Instruction for the data below: set down exactly the lines from the line with "remove_checked id now (some" to the line with "unfolding drained_jobs remove_job_record", inclusive, and no others.

Stored data entries

◇ ◇ ◇

-- ===== src/Job/Queue/Remove.antt =====
-- src/job/memory.rs: the operations that take jobs out of the queue.
use Prim.Native.Nat.{compare, Ordering}
use Prim.Native.String.{String, compare as compare_text}
use lane.Prelude.{
  ℕ, Bool, true, false, not, ◌&&◌, ◌||◌, Option, none, some, List, [], ◌∷◌, filter, take, length,
  leb, if◌then◌else◌, is_some, erase, erase_text, has_text, ◌==◌,
}
use lane.Prelude.Sort.{sort_by}
use lane.Error.{Result, ok, err, job_not_found, job_state_conflict, job_lease_conflict}
use lane.PriorityQueue.{then_with}
use lane.Job.{
  Job, JobEnv, JobState, waiting, delayed, active, same_state, state_rank, subtract_duration,
  not_removable, active_jobs, Message,
}
use lane.Job.Queue.{JobQueue, get, values, write, emit, not_after, str_eq}
use lane.Job.Queue.Records.{remove_job_record, emit_removed_event}
use lane.Job.Queue.Flow.{clear_child_dependency_side_index, has_child_dependency_side_index}
use lane.Job.Queue.Flow.Parents.{release_parent_if_ready}
use lane.Job.Queue.Dedup.{find_active_deduplication_id, is_delayed_repeat_owner}
use lane.Job.Queue.Finish.{release_parent}

abbrev pub or_time : Option ℕ → ℕ → ℕ
or_time none t = t
or_time (some s) t = s

module _ {F V : Type 0} where
  unfoldable pub require_removable : (Message → String) → Job F V → Result (Unit {0})
  require_removable text job =
      if same_state job.state active && is_some job.lock_token
      then err (job_lease_conflict (text (not_removable job.id)))
      else ok tt

  unfoldable pub job_reference_time : Job F V → ℕ
  job_reference_time job = or_time job.finished_at (or_time job.processed_at job.scheduled_at)

  unfoldable pub compare_list_order : Job F V → Job F V → Ordering
  compare_list_order a b = then_with (compare (state_rank a.state) (state_rank b.state)) (
      then_with (compare a.priority b.priority) (
        then_with (compare a.scheduled_at b.scheduled_at)
          (then_with (compare a.created_at b.created_at) (compare_text a.id b.id))))

  abbrev pub lists_before : Job F V → Job F V → Bool
  lists_before a b = not_after (compare_list_order a b)

  abbrev pub is_cleaned : JobState → ℕ → Job F V → Bool
  is_cleaned state cutoff job =
      same_state job.state state
      && leb (job_reference_time job) cutoff
      && (not (same_state state active) || not (is_some job.lock_token))

  abbrev pub cleaned_before : Job F V → Job F V → Bool
  cleaned_before a b =
      not_after
        (then_with (compare (job_reference_time a) (job_reference_time b)) (compare_text a.id b.id))

  unfoldable pub cleaned_jobs : JobState → ℕ → ℕ → JobQueue F V → List (Job F V)
  unfolding job_reference_time sort_by
  cleaned_jobs state cutoff limit q =
      take limit (sort_by cleaned_before (filter (is_cleaned state cutoff) (values q.jobs)))

  abbrev pub is_drained : Bool → List (String × Job F V) → Job F V → Bool
  is_drained include_delayed jobs job =
      same_state job.state waiting
      || (include_delayed && same_state job.state delayed && not (is_delayed_repeat_owner jobs job))

  unfoldable pub drained_jobs : Bool → JobQueue F V → List (Job F V)
  unfolding compare_list_order is_delayed_repeat_owner sort_by
  drained_jobs include_delayed q =
      sort_by lists_before (filter (is_drained include_delayed q.jobs) (values q.jobs))

  abbrev pub remove_jobs : List (Job F V) → JobQueue F V → JobQueue F V
  remove_jobs [] q = q
  remove_jobs (job ∷ jobs) q = remove_jobs jobs (remove_job_record job.id q).1

  abbrev pub any_active : List (Job F V) → Bool
  any_active [] = false
  any_active (job ∷ jobs) = same_state job.state active || any_active jobs

  abbrev pub obliterated : JobQueue F V → JobQueue F V
  obliterated q = record q {
    paused = false;
    jobs = [];
    flow_dependencies = [];
    deduplication_next = [];
    deduplication_next_flows = [];
    released_deduplication_owners = [];
  }

  unfoldable pub obliterate : (Message → String) → Bool → JobQueue F V → Result ℕ × JobQueue F V
  obliterate text force q =
      if any_active (values q.jobs) && not force
      then (err (job_state_conflict (text active_jobs)), record q { paused = true })
      else (ok (length q.jobs), obliterated q)

  abbrev pub release_owner : String → Option (Job F V) → JobQueue F V → Bool × JobQueue F V
  release_owner id none q = (false, q)
  release_owner id (some owner) q = (
    true,
    record q {
      released_deduplication_owners = (id, owner.id) ∷ q.released_deduplication_owners;
      deduplication_next = erase id q.deduplication_next;
      deduplication_next_flows = erase id q.deduplication_next_flows;
    },
  )

  unfoldable pub remove_deduplication_key : String → ℕ → JobQueue F V → Bool × JobQueue F V
  unfolding find_active_deduplication_id
  remove_deduplication_key id now q =
      if str_eq id ""
      then (false, q)
      else release_owner id
          (find_active_deduplication_id q.jobs q.released_deduplication_owners id now) q

module _ (env : JobEnv) where
  open env use {F, V, text, number}

  abbrev pub removed_events : Job F V → ℕ → JobQueue F V → JobQueue F V
  removed_events job now q = emit_removed_event job now (release_parent env job.parent_id now q)

  abbrev pub remove_if :
      Result (Unit {0})
      → Job F V
      → String
      → ℕ
      → JobQueue F V
      → Result (Option (Job F V)) × JobQueue F V
  remove_if (err e) job id now q = (err e, q)
  remove_if (ok u) job id now q = (ok (some job), removed_events job now (remove_job_record id q).1)

  abbrev pub remove_checked :
      String → ℕ → Option (Job F V) → JobQueue F V → Result (Option (Job F V)) × JobQueue F V
  remove_checked id now none q = (ok none, q)
  remove_checked id now (some job) q = remove_if (require_removable text job) job id now q

  -- The look-up, the guard and the removal see the same job, so it is looked up once.
  unfoldable pub remove : String → ℕ → JobQueue F V → Result (Option (Job F V)) × JobQueue F V
  unfolding require_removable remove_job_record emit_removed_event
  remove id now q = remove_checked id now (get id q.jobs) q

  abbrev pub release_parents : List (Job F V) → ℕ → JobQueue F V → JobQueue F V
  release_parents [] now q = q
  release_parents (job ∷ jobs) now q =
      release_parents jobs now (release_parent env job.parent_id now q)

  unfoldable pub clean : JobState → ℕ → ℕ → ℕ → JobQueue F V → List (Job F V) × JobQueue F V
  unfolding cleaned_jobs emit remove_job_record
  clean state grace limit now q =
      let jobs = cleaned_jobs state (subtract_duration env now grace) limit q in
      if limit == 0 then ([], q) else (
        jobs,
        emit "cleaned" none none now (("count", number (length jobs)) ∷ [])
            (release_parents jobs now (remove_jobs jobs q)),
      )

  unfoldable pub drain : Bool → ℕ → JobQueue F V → List (Job F V) × JobQueue F V
  unfolding drained_jobs remove_job_record
  drain include_delayed now q =
      let jobs = drained_jobs include_delayed q in
      (jobs, release_parents jobs now (remove_jobs jobs q))

  abbrev pub orphaned : Job F V → Job F V
  orphaned child = record child { parent_id = none }

  abbrev pub orphan : String → Option (Job F V) → JobQueue F V → JobQueue F V
  orphan child none q = q
  orphan child (some job) q = write child (orphaned job) q

  abbrev pub unlist : String → String → Job F V → JobQueue F V → JobQueue F V
  unlist parent_id child parent q =
      clear_child_dependency_side_index parent_id child
        (write parent_id (record parent { child_ids = erase_text child parent.child_ids }) q)

  abbrev pub remove_from :
      String → String → ℕ → Option (Job F V) → JobQueue F V → Result Bool × JobQueue F V
  remove_from child parent_id now none q = (err (job_not_found parent_id), q)
  remove_from child parent_id now (some parent) q =
      let unlisted = unlist parent_id child parent q in
      if has_text child parent.child_ids || has_child_dependency_side_index parent_id child q
      then (
        ok true,
        release_parent_if_ready env parent_id now (orphan child (get child unlisted.jobs) unlisted),
      )
      else (ok false, q)

  abbrev pub remove_child : String → ℕ → Option String → JobQueue F V → Result Bool × JobQueue F V
  remove_child child now none q = (ok false, q)
  remove_child child now (some parent_id) q =
      remove_from child parent_id now (get parent_id q.jobs) q

  abbrev pub remove_child_of :
      String → ℕ → Option (Job F V) → JobQueue F V → Result Bool × JobQueue F V
  remove_child_of child now none q = (err (job_not_found child), q)
  remove_child_of child now (some job) q = remove_child child now job.parent_id q

  unfoldable pub remove_child_dependency : String → ℕ → JobQueue F V → Result Bool × JobQueue F V
  unfolding clear_child_dependency_side_index has_child_dependency_side_index
      release_parent_if_ready
  remove_child_dependency child now q = remove_child_of child now (get child q.jobs) q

◇ ◇ ◇

Exercise response:
  remove_checked id now (some job) q = remove_if (require_removable text job) job id now q

  -- The look-up, the guard and the removal see the same job, so it is looked up once.
  unfoldable pub remove : String → ℕ → JobQueue F V → Result (Option (Job F V)) × JobQueue F V
  unfolding require_removable remove_job_record emit_removed_event
  remove id now q = remove_checked id now (get id q.jobs) q

  abbrev pub release_parents : List (Job F V) → ℕ → JobQueue F V → JobQueue F V
  release_parents [] now q = q
  release_parents (job ∷ jobs) now q =
      release_parents jobs now (release_parent env job.parent_id now q)

  unfoldable pub clean : JobState → ℕ → ℕ → ℕ → JobQueue F V → List (Job F V) × JobQueue F V
  unfolding cleaned_jobs emit remove_job_record
  clean state grace limit now q =
      let jobs = cleaned_jobs state (subtract_duration env now grace) limit q in
      if limit == 0 then ([], q) else (
        jobs,
        emit "cleaned" none none now (("count", number (length jobs)) ∷ [])
            (release_parents jobs now (remove_jobs jobs q)),
      )

  unfoldable pub drain : Bool → ℕ → JobQueue F V → List (Job F V) × JobQueue F V
  unfolding drained_jobs remove_job_record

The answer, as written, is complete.